Collaborative Workshops and Writers’ Peer Groups Are Good Inventions

Collaborative workshops and writers’ peer groups are good inventions. They put the writer into a community of people all working at the same art, the kind of group musicians and painters and dancers have always had. A good peer group offers mutual encouragement, amicable competition, stimulating discussion, practice in criticism, and support in difficulty. If you want to and are able to join a group, do so. If you long for the stimulus of working with other writers but can’t find or attend a local group, look into the many possibilities of forming or joining one on the Internet.

URSULA K. LE GUIN

A Physical Book Is Like a Shark

I do not believe that all books will or should migrate onto screens: as Douglas Adams once pointed out to me, more than 20 years before the Kindle showed up, a physical book is like a shark. Sharks are old: there were sharks in the ocean before the dinosaurs. And the reason there are still sharks around is that sharks are better at being sharks than anything else is. Physical books are tough, hard to destroy, bath-resistant, solar-operated, feel good in your hand: they are good at being books, and there will always be a place for them.

NEIL GAIMAN

The Novel You Had in Mind

I always find that the novel I’m finishing, even if it’s turned out fairly well, is not the novel I had in my mind.

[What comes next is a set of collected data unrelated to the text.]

-- ===== src/Idt/Faults.antt =====
-- The names of the faults that _handle_fault of src/idt.c prints.
use bloreos.Base.{ℕ, zero, suc, List, [], ◌∷◌, Option, some, none}

abbrev divide_error_exception_text : List ℕ
divide_error_exception_text =
    b'D' ∷ b'i' ∷ b'v' ∷ b'i' ∷ b'd' ∷ b'e' ∷ b' ' ∷ b'E' ∷ b'r' ∷ b'r' ∷ b'o' ∷ b'r' ∷ b' ' ∷ b'E'
    ∷ b'x' ∷ b'c' ∷ b'e' ∷ b'p' ∷ b't' ∷ b'i' ∷ b'o' ∷ b'n' ∷ []

abbrev debug_exception_text : List ℕ
debug_exception_text =
    b'D' ∷ b'e' ∷ b'b' ∷ b'u' ∷ b'g' ∷ b' ' ∷ b'E' ∷ b'x' ∷ b'c' ∷ b'e' ∷ b'p' ∷ b't' ∷ b'i' ∷ b'o'
    ∷ b'n' ∷ []

abbrev nmi_interrupt_text : List ℕ
nmi_interrupt_text =
    b'N' ∷ b'M' ∷ b'I' ∷ b' ' ∷ b'I' ∷ b'n' ∷ b't' ∷ b'e' ∷ b'r' ∷ b'r' ∷ b'u' ∷ b'p' ∷ b't' ∷ []

abbrev breakpoint_exception_text : List ℕ
breakpoint_exception_text =
    b'B' ∷ b'r' ∷ b'e' ∷ b'a' ∷ b'k' ∷ b'p' ∷ b'o' ∷ b'i' ∷ b'n' ∷ b't' ∷ b' ' ∷ b'E' ∷ b'x' ∷ b'c'
    ∷ b'e' ∷ b'p' ∷ b't' ∷ b'i' ∷ b'o' ∷ b'n' ∷ []

abbrev overflow_exception_text : List ℕ
overflow_exception_text =
    b'O' ∷ b'v' ∷ b'e' ∷ b'r' ∷ b'f' ∷ b'l' ∷ b'o' ∷ b'w' ∷ b' ' ∷ b'E' ∷ b'x' ∷ b'c' ∷ b'e' ∷ b'p'
    ∷ b't' ∷ b'i' ∷ b'o' ∷ b'n' ∷ []

abbrev bound_range_exceeded_exception_text : List ℕ
bound_range_exceeded_exception_text =
    b'B' ∷ b'O' ∷ b'U' ∷ b'N' ∷ b'D' ∷ b' ' ∷ b'R' ∷ b'a' ∷ b'n' ∷ b'g' ∷ b'e' ∷ b' ' ∷ b'E' ∷ b'x'
    ∷ b'c' ∷ b'e' ∷ b'e' ∷ b'd' ∷ b'e' ∷ b'd' ∷ b' ' ∷ b'E' ∷ b'x' ∷ b'c' ∷ b'e' ∷ b'p' ∷ b't'
    ∷ b'i' ∷ b'o' ∷ b'n' ∷ []

abbrev invalid_opcode_exception_text : List ℕ
invalid_opcode_exception_text =
    b'I' ∷ b'n' ∷ b'v' ∷ b'a' ∷ b'l' ∷ b'i' ∷ b'd' ∷ b' ' ∷ b'O' ∷ b'p' ∷ b'c' ∷ b'o' ∷ b'd' ∷ b'e'
    ∷ b' ' ∷ b'E' ∷ b'x' ∷ b'c' ∷ b'e' ∷ b'p' ∷ b't' ∷ b'i' ∷ b'o' ∷ b'n' ∷ []

abbrev device_not_available_exception_text : List ℕ
device_not_available_exception_text =
    b'D' ∷ b'e' ∷ b'v' ∷ b'i' ∷ b'c' ∷ b'e' ∷ b' ' ∷ b'N' ∷ b'o' ∷ b't' ∷ b' ' ∷ b'A' ∷ b'v' ∷ b'a'
    ∷ b'i' ∷ b'l' ∷ b'a' ∷ b'b' ∷ b'l' ∷ b'e' ∷ b' ' ∷ b'E' ∷ b'x' ∷ b'c' ∷ b'e' ∷ b'p' ∷ b't'
    ∷ b'i' ∷ b'o' ∷ b'n' ∷ []

abbrev double_fault_exception_text : List ℕ
double_fault_exception_text =
    b'D' ∷ b'o' ∷ b'u' ∷ b'b' ∷ b'l' ∷ b'e' ∷ b' ' ∷ b'F' ∷ b'a' ∷ b'u' ∷ b'l' ∷ b't' ∷ b' ' ∷ b'E'
    ∷ b'x' ∷ b'c' ∷ b'e' ∷ b'p' ∷ b't' ∷ b'i' ∷ b'o' ∷ b'n' ∷ []

abbrev coprocessor_segment_overrun_text : List ℕ
coprocessor_segment_overrun_text =
    b'C' ∷ b'o' ∷ b'p' ∷ b'r' ∷ b'o' ∷ b'c' ∷ b'e' ∷ b's' ∷ b's' ∷ b'o' ∷ b'r' ∷ b' ' ∷ b'S' ∷ b'e'
    ∷ b'g' ∷ b'm' ∷ b'e' ∷ b'n' ∷ b't' ∷ b' ' ∷ b'O' ∷ b'v' ∷ b'e' ∷ b'r' ∷ b'r' ∷ b'u' ∷ b'n' ∷ []

abbrev invalid_tss_exception_text : List ℕ
invalid_tss_exception_text =
    b'I' ∷ b'n' ∷ b'v' ∷ b'a' ∷ b'l' ∷ b'i' ∷ b'd' ∷ b' ' ∷ b'T' ∷ b'S' ∷ b'S' ∷ b' ' ∷ b'E' ∷ b'x'
    ∷ b'c' ∷ b'e' ∷ b'p' ∷ b't' ∷ b'i' ∷ b'o' ∷ b'n' ∷ []

abbrev segment_not_present_text : List ℕ
segment_not_present_text =
    b'S' ∷ b'e' ∷ b'g' ∷ b'm' ∷ b'e' ∷ b'n' ∷ b't' ∷ b' ' ∷ b'N' ∷ b'o' ∷ b't' ∷ b' ' ∷ b'P' ∷ b'r'
    ∷ b'e' ∷ b's' ∷ b'e' ∷ b'n' ∷ b't' ∷ []

abbrev stack_fault_exception_text : List ℕ
stack_fault_exception_text =
    b'S' ∷ b't' ∷ b'a' ∷ b'c' ∷ b'k' ∷ b' ' ∷ b'F' ∷ b'a' ∷ b'u' ∷ b'l' ∷ b't' ∷ b' ' ∷ b'E' ∷ b'x'
    ∷ b'c' ∷ b'e' ∷ b'p' ∷ b't' ∷ b'i' ∷ b'o' ∷ b'n' ∷ []

abbrev general_protection_exception_text : List ℕ
general_protection_exception_text =
    b'G' ∷ b'e' ∷ b'n' ∷ b'e' ∷ b'r' ∷ b'a' ∷ b'l' ∷ b' ' ∷ b'P' ∷ b'r' ∷ b'o' ∷ b't' ∷ b'e' ∷ b'c'
    ∷ b't' ∷ b'i' ∷ b'o' ∷ b'n' ∷ b' ' ∷ b'E' ∷ b'x' ∷ b'c' ∷ b'e' ∷ b'p' ∷ b't' ∷ b'i' ∷ b'o'
    ∷ b'n' ∷ []

abbrev page_fault_exception_text : List ℕ
page_fault_exception_text =
    b'P' ∷ b'a' ∷ b'g' ∷ b'e' ∷ b' ' ∷ b'F' ∷ b'a' ∷ b'u' ∷ b'l' ∷ b't' ∷ b' ' ∷ b'E' ∷ b'x' ∷ b'c'
    ∷ b'e' ∷ b'p' ∷ b't' ∷ b'i' ∷ b'o' ∷ b'n' ∷ []

abbrev unknown_text : List ℕ
unknown_text = b'U' ∷ b'n' ∷ b'k' ∷ b'n' ∷ b'o' ∷ b'w' ∷ b'n' ∷ []

abbrev x87_fpu_floating_point_error_text : List ℕ
x87_fpu_floating_point_error_text =
    b'x' ∷ b'8' ∷ b'7' ∷ b' ' ∷ b'F' ∷ b'P' ∷ b'U' ∷ b' ' ∷ b'F' ∷ b'l' ∷ b'o' ∷ b'a' ∷ b't' ∷ b'i'
    ∷ b'n' ∷ b'g' ∷ b'-' ∷ b'P' ∷ b'o' ∷ b'i' ∷ b'n' ∷ b't' ∷ b' ' ∷ b'E' ∷ b'r' ∷ b'r' ∷ b'o'
    ∷ b'r' ∷ []

abbrev alignment_check_exception_text : List ℕ
alignment_check_exception_text =
    b'A' ∷ b'l' ∷ b'i' ∷ b'g' ∷ b'n' ∷ b'm' ∷ b'e' ∷ b'n' ∷ b't' ∷ b' ' ∷ b'C' ∷ b'h' ∷ b'e' ∷ b'c'
    ∷ b'k' ∷ b' ' ∷ b'E' ∷ b'x' ∷ b'c' ∷ b'e' ∷ b'p' ∷ b't' ∷ b'i' ∷ b'o' ∷ b'n' ∷ []

abbrev machine_check_exception_text : List ℕ
machine_check_exception_text =
    b'M' ∷ b'a' ∷ b'c' ∷ b'h' ∷ b'i' ∷ b'n' ∷ b'e' ∷ b'-' ∷ b'C' ∷ b'h' ∷ b'e' ∷ b'c' ∷ b'k' ∷ b' '
    ∷ b'E' ∷ b'x' ∷ b'c' ∷ b'e' ∷ b'p' ∷ b't' ∷ b'i' ∷ b'o' ∷ b'n' ∷ []

abbrev simd_floating_point_exception_text : List ℕ
simd_floating_point_exception_text =
    b'S' ∷ b'I' ∷ b'M' ∷ b'D' ∷ b' ' ∷ b'F' ∷ b'l' ∷ b'o' ∷ b'a' ∷ b't' ∷ b'i' ∷ b'n' ∷ b'g' ∷ b'-'
    ∷ b'P' ∷ b'o' ∷ b'i' ∷ b'n' ∷ b't' ∷ b' ' ∷ b'E' ∷ b'x' ∷ b'c' ∷ b'e' ∷ b'p' ∷ b't' ∷ b'i'
    ∷ b'o' ∷ b'n' ∷ []

abbrev virtualization_exception_text : List ℕ
virtualization_exception_text =
    b'V' ∷ b'i' ∷ b'r' ∷ b't' ∷ b'u' ∷ b'a' ∷ b'l' ∷ b'i' ∷ b'z' ∷ b'a' ∷ b't' ∷ b'i' ∷ b'o' ∷ b'n'
    ∷ b' ' ∷ b'E' ∷ b'x' ∷ b'c' ∷ b'e' ∷ b'p' ∷ b't' ∷ b'i' ∷ b'o' ∷ b'n' ∷ []

abbrev control_protection_exception_text : List ℕ
control_protection_exception_text =
    b'C' ∷ b'o' ∷ b'n' ∷ b't' ∷ b'r' ∷ b'o' ∷ b'l' ∷ b' ' ∷ b'P' ∷ b'r' ∷ b'o' ∷ b't' ∷ b'e' ∷ b'c'
    ∷ b't' ∷ b'i' ∷ b'o' ∷ b'n' ∷ b' ' ∷ b'E' ∷ b'x' ∷ b'c' ∷ b'e' ∷ b'p' ∷ b't' ∷ b'i' ∷ b'o'
    ∷ b'n' ∷ []

abbrev pub fault_names : List (List ℕ)
fault_names =
    divide_error_exception_text ∷ debug_exception_text ∷ nmi_interrupt_text
    ∷ breakpoint_exception_text ∷ overflow_exception_text ∷ bound_range_exceeded_exception_text
    ∷ invalid_opcode_exception_text ∷ device_not_available_exception_text
    ∷ double_fault_exception_text ∷ coprocessor_segment_overrun_text ∷ invalid_tss_exception_text
    ∷ segment_not_present_text ∷ stack_fault_exception_text ∷ general_protection_exception_text
    ∷ page_fault_exception_text ∷ unknown_text ∷ x87_fpu_floating_point_error_text
    ∷ alignment_check_exception_text ∷ machine_check_exception_text
    ∷ simd_floating_point_exception_text ∷ virtualization_exception_text
    ∷ control_protection_exception_text ∷ []

-- The name that is printed; `none` is an entry of the array that is never assigned, or is behind its
-- end.
unfoldable pub fault_name : ℕ → Option (List ℕ)
fault_name vector = entry vector fault_names
  where
    entry : ℕ → List (List ℕ) → Option (List ℕ)
    entry vector [] = none
    entry zero (s ∷ rest) = some s
    entry (suc i) (s ∷ rest) = entry i rest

I think a lot of writers must negotiate this, and if they don’t admit it, they’re not being honest. You have started the book with this bubble over your head that contains a cathedral full of fire — that contains a novel so vast and great and penetrating and bright and dark that it will put all other novels ever written to shame. And then, as you get towards the end, you begin to realize, no, it’s just this book.

MICHAEL CUNNINGHAM

Readers Are More Sophisticated Than Critics

Readers, I think, are more sophisticated on the whole than critics. They can make the jumps, they can make imaginative leaps. If your structure is firm and solid enough, however strange, however unusual, they will be able to follow it. They will climb with you to the most unlikely places if they trust you, if the words give them the right footholds, the right handholds. That’s what I want my readers to do: I want them to come with me when we’re going mountain-climbing. This isn’t a walk through a theme park. This is some dangerous place that neither of us has been before, and I hope that by traveling there first, I can encourage the reader to come with me and that we will make the trip again together, and safely.

JEANETTE WINTERSON

Listen

Here’s a warning. If you don’t listen, if you go around arrogantly making up dialogue for your characters, all of them will sound like you, and that’s one of the ways bad short stories and novels are written. (Also bad journalism, oddly enough. Because certain arrogant journalists make up their own quotes.)

CAROLYN SEE

Think Small

Write about small, self-contained incidents that are still vivid in your memory. If you remember them, it’s because they contain a larger truth that your readers will recognize in their own lives. Think small and you’ll wind up finding the big themes in your family saga.